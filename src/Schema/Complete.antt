-- ===== src/Schema/Complete.antt =====
-- store_mysql.go, store_device.go, store_apikey.go: the migrations end with the whole schema.
use clip_sync_server.Base.{
  ◌++◌, ◌==◌, All, All-mono, Bool, List, Option, Text, [], arith, false, map, none, not, refl,
  select, subst, sym, true, ℕ, ◌∙◌, ◌∷◌, ◌≡◌, same,
}
use clip_sync_server.Schema.Planned.{
  IsOld, IsThere, every-All, lists, lists-IsThere, provided, every,
}
use clip_sync_server.Schema.Migrated.{
  IsPlainEnglish, careful, passes, migrate-kept, migrate-IsMigrated,
}
use clip_sync_server.Schema.{
  MigrateError, Schema, Statement, add_column, api_key_statements, api_keys_failed, chain,
  create_table, device_statements, devices_failed, duplicate_column, is_duplicate, migrate,
  run_statements, schema_failed, user_statements,
}
use clip_sync_server.Schema.Repeats.{chain-next}
use clip_sync_server.Schema.Upgrade.{run-planned}

abbrev pub columns_of : List Statement → List (Text × Text)
columns_of [] = []
columns_of (create_table t columns references ∷ qs) = map (λ c. (t, c)) columns ++ columns_of qs
columns_of (add_column t c before ∷ qs) = columns_of qs

abbrev added : List Statement → List (Text × Text)
added [] = []
added (create_table t columns references ∷ qs) = added qs
added (add_column t c before ∷ qs) = (t, c) ∷ added qs

abbrev statements : List Statement
statements = user_statements ++ (device_statements ++ api_key_statements)

abbrev pub all_columns : List (Text × Text)
all_columns = columns_of statements

-- The columns that no ALTER TABLE adds.
abbrev pub old_columns : List (Text × Text)
old_columns = select (λ p. not (lists (added statements) p)) all_columns

abbrev after_users : List (Text × Text)
after_users = provided old_columns [] user_statements

abbrev after_devices : List (Text × Text)
after_devices = provided old_columns after_users device_statements

covers : every (lists (provided old_columns after_devices api_key_statements)) all_columns ≡ true
unfolding same
covers = refl

module _ (message : ℕ → Statement → Text) (plain : IsPlainEnglish message) (down : Statement → Bool)
    (up : (q : Statement) → down q ≡ false) where
  migrate_planned :
      (s : Schema)
      → All (IsOld s) old_columns
      → let x = migrate message down s in
        (x.1 ≡ none) × All (IsThere x.0) (provided old_columns after_devices api_key_statements)
  unfolding migrate same
  migrate_planned s old =
      let devices : Schema → Schema × Option MigrateError =
        run_statements down devices_failed (is_duplicate message down) device_statements in
      let keys_of : Schema → Schema × Option MigrateError =
        run_statements down api_keys_failed (λ q e. false) api_key_statements in
      let a = run_statements down schema_failed (λ q e. e == duplicate_column) user_statements s in
      let rest : Schema → Schema × Option MigrateError = λ s'. chain (devices s') keys_of in
      let (a_none, a_old, a_there) =
        run-planned down up schema_failed (λ q e. e == duplicate_column) user_statements s
          old_columns [] (λ q e t. t) (tt, (refl, (tt, tt))) refl old tt in
      let (d_none, d_old, d_there) =
        run-planned down up devices_failed (is_duplicate message down) device_statements a.0
          old_columns after_users (careful message plain down) (passes message plain down) refl
          a_old a_there in
      let (k_none, k_old, k_there) =
        run-planned down up api_keys_failed (λ q e. false) api_key_statements (devices a.0).0
          old_columns after_devices (λ q e t. ground arith) (tt, tt) refl d_old d_there in
      subst
        (λ y.
          (y.1 ≡ none) × All (IsThere y.0) (provided old_columns after_devices api_key_statements))
        (sym (chain-next a rest a_none ∙ chain-next (devices a.0) keys_of d_none)) (k_none, k_there)

  -- If MySQL's texts are English and no statement fails for another reason: the migrations end
  -- without an error on every database in which each table is missing or has at least the columns
  -- that the migrations do not add by themselves; every table then has every column that the
  -- CREATE statements name; and to run them again, whichever statements fail then, changes nothing
  -- and gives no error if none fails.
  pub migrate_completes :
      (s : Schema)
      → All (IsOld s) old_columns
      → let s' = (migrate message down s).0 in
        ((migrate message down s).1 ≡ none)
        × All (IsThere s') all_columns
        × ((later_down : Statement → Bool)
            → ((migrate message later_down s').0 ≡ s')
              × (((q : Statement) → later_down q ≡ false)
                  → (migrate message later_down s').1 ≡ none))
  migrate_completes s old =
      let (done, there) = migrate_planned s old in
      (
        done,
        All-mono (λ p. lists (provided old_columns after_devices api_key_statements) p ≡ true) _
            all_columns (λ p. lists-IsThere _ _ p there)
            (every-All (lists (provided old_columns after_devices api_key_statements)) all_columns
              covers),
        λ later_down.
            migrate-kept message plain later_down _ (migrate-IsMigrated message plain down s done),
      )
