-- ===== src/Schema/Tests.antt =====
-- Runs of the migrations, and the witnesses.
use clip_sync_server.Base.{
  ◌==◌, All, Bool, Bool-cases, List, Text, [], codes, if◌then◌else◌, false, inl, inr, none, refl,
  same, some, true, ℕ, ◌∷◌, ◌≡◌, All-mono, arith, err, not, ◌||◌,
}
use clip_sync_server.Schema.Planned.{IsOld, IsThere, every, every-All}
use clip_sync_server.Schema.Migrated.{IsPlainEnglish}
use clip_sync_server.Schema.{
  Schema, Statement, duplicate_column, has_column, migrate, devices_failed, has_table, open_mysql,
  ping_failed, run_statements,
}
use clip_sync_server.Schema.Complete.{all_columns, migrate_completes, old_columns}
use clip_sync_server.Text.{contains, to_lower, has_prefix, lower_rune}

-- MySQL's texts: 1060 is `Duplicate column name`, and others have other words.
abbrev english : ℕ → Statement → Text
english e q = if e == duplicate_column then codes "Duplicate column name" else codes "Error"

abbrev empty : Schema
empty t = none

-- deploy/mysql/init.sql: no `last_ip`, and no table of keys.
abbrev init_users : List Text
init_users =
    codes "id"
    ∷ codes "username"
    ∷ codes "nickname"
    ∷ codes "password_hash"
    ∷ codes "disabled"
    ∷ codes "created_at"
    ∷ codes "updated_at"
    ∷ []

abbrev init_sessions : List Text
init_sessions = codes "user_id" ∷ codes "token_hash" ∷ codes "created_at" ∷ codes "expires_at" ∷ []

abbrev init_devices : List Text
init_devices =
    codes "user_id"
    ∷ codes "device_id"
    ∷ codes "role"
    ∷ codes "platform"
    ∷ codes "name"
    ∷ codes "disabled"
    ∷ codes "last_seen_at"
    ∷ codes "created_at"
    ∷ []

abbrev init_sql : Schema
init_sql t =
    if same t (codes "users")
    then some init_users
    else if same t (codes "sessions")
    then some init_sessions
    else if same t (codes "devices")
    then some init_devices
    else none

abbrev none_down : Statement → Bool
none_down q = false

english_plain : IsPlainEnglish english
unfolding contains to_lower has_prefix lower_rune
english_plain e q = elim (Bool-cases (e == duplicate_column)) [
  | inl d ↦ rw d refl
  | inr n ↦ rw n refl
]

init_sql_old :
    every (λ k. not (has_table k.0 init_sql) || has_column k.0 k.1 init_sql) old_columns ≡ true
unfolding same
init_sql_old = refl

init_sql-IsOld : All (IsOld init_sql) old_columns
init_sql-IsOld =
    All-mono (λ k. (not (has_table k.0 init_sql) || has_column k.0 k.1 init_sql) ≡ true) _
      old_columns
      (λ k h. elim (Bool-cases (has_table k.0 init_sql)) [
        | inl there ↦ inr (ground (arith, h, there))
        | inr gone ↦ inl gone
      ])
      (every-All (λ k. not (has_table k.0 init_sql) || has_column k.0 k.1 init_sql) old_columns
        init_sql_old)

migrate_test : (migrate english none_down init_sql).1 ≡ none
unfolding migrate run_statements same contains to_lower has_prefix lower_rune
migrate_test = refl

last_ip_test :
    (has_column (codes "devices") (codes "last_ip") init_sql ≡ false)
    × (has_column (codes "devices") (codes "last_ip") (migrate english none_down init_sql).0 ≡ true)
unfolding migrate run_statements same contains to_lower has_prefix lower_rune
last_ip_test = (refl, refl)

-- On a server of another language the second part stops at the column that is there.
language_test :
    (migrate (λ e q. codes "Doppelter Spaltenname") none_down empty).1
    ≡ some (devices_failed duplicate_column)
unfolding migrate run_statements same contains to_lower has_prefix lower_rune
language_test = refl

ping_test : open_mysql english none_down true false empty ≡ (empty, err ping_failed)
unfolding open_mysql
ping_test = refl

migrate_completes_example :
    let s' = (migrate english none_down init_sql).0 in
    ((migrate english none_down init_sql).1 ≡ none)
    × All (IsThere s') all_columns
    × ((later_down : Statement → Bool)
        → ((migrate english later_down s').0 ≡ s')
          × (((q : Statement) → later_down q ≡ false) → (migrate english later_down s').1 ≡ none))
migrate_completes_example =
    migrate_completes english english_plain none_down (λ q. refl) init_sql init_sql-IsOld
★ ★ ★ ★ ★
• _PROBLEM STATEMENT_
From the line that has "then some init_sessions" through the line that has "init_sql-IsOld : All", copy every line exactly as it appears above, and leave out all others.

• _REPLY_
    then some init_sessions
    else if same t (codes "devices")
    then some init_devices
    else none

abbrev none_down : Statement → Bool
none_down q = false

english_plain : IsPlainEnglish english
unfolding contains to_lower has_prefix lower_rune
english_plain e q = elim (Bool-cases (e == duplicate_column)) [
  | inl d ↦ rw d refl
  | inr n ↦ rw n refl
]

init_sql_old :
    every (λ k. not (has_table k.0 init_sql) || has_column k.0 k.1 init_sql) old_columns ≡ true
unfolding same
init_sql_old = refl

init_sql-IsOld : All (IsOld init_sql) old_columns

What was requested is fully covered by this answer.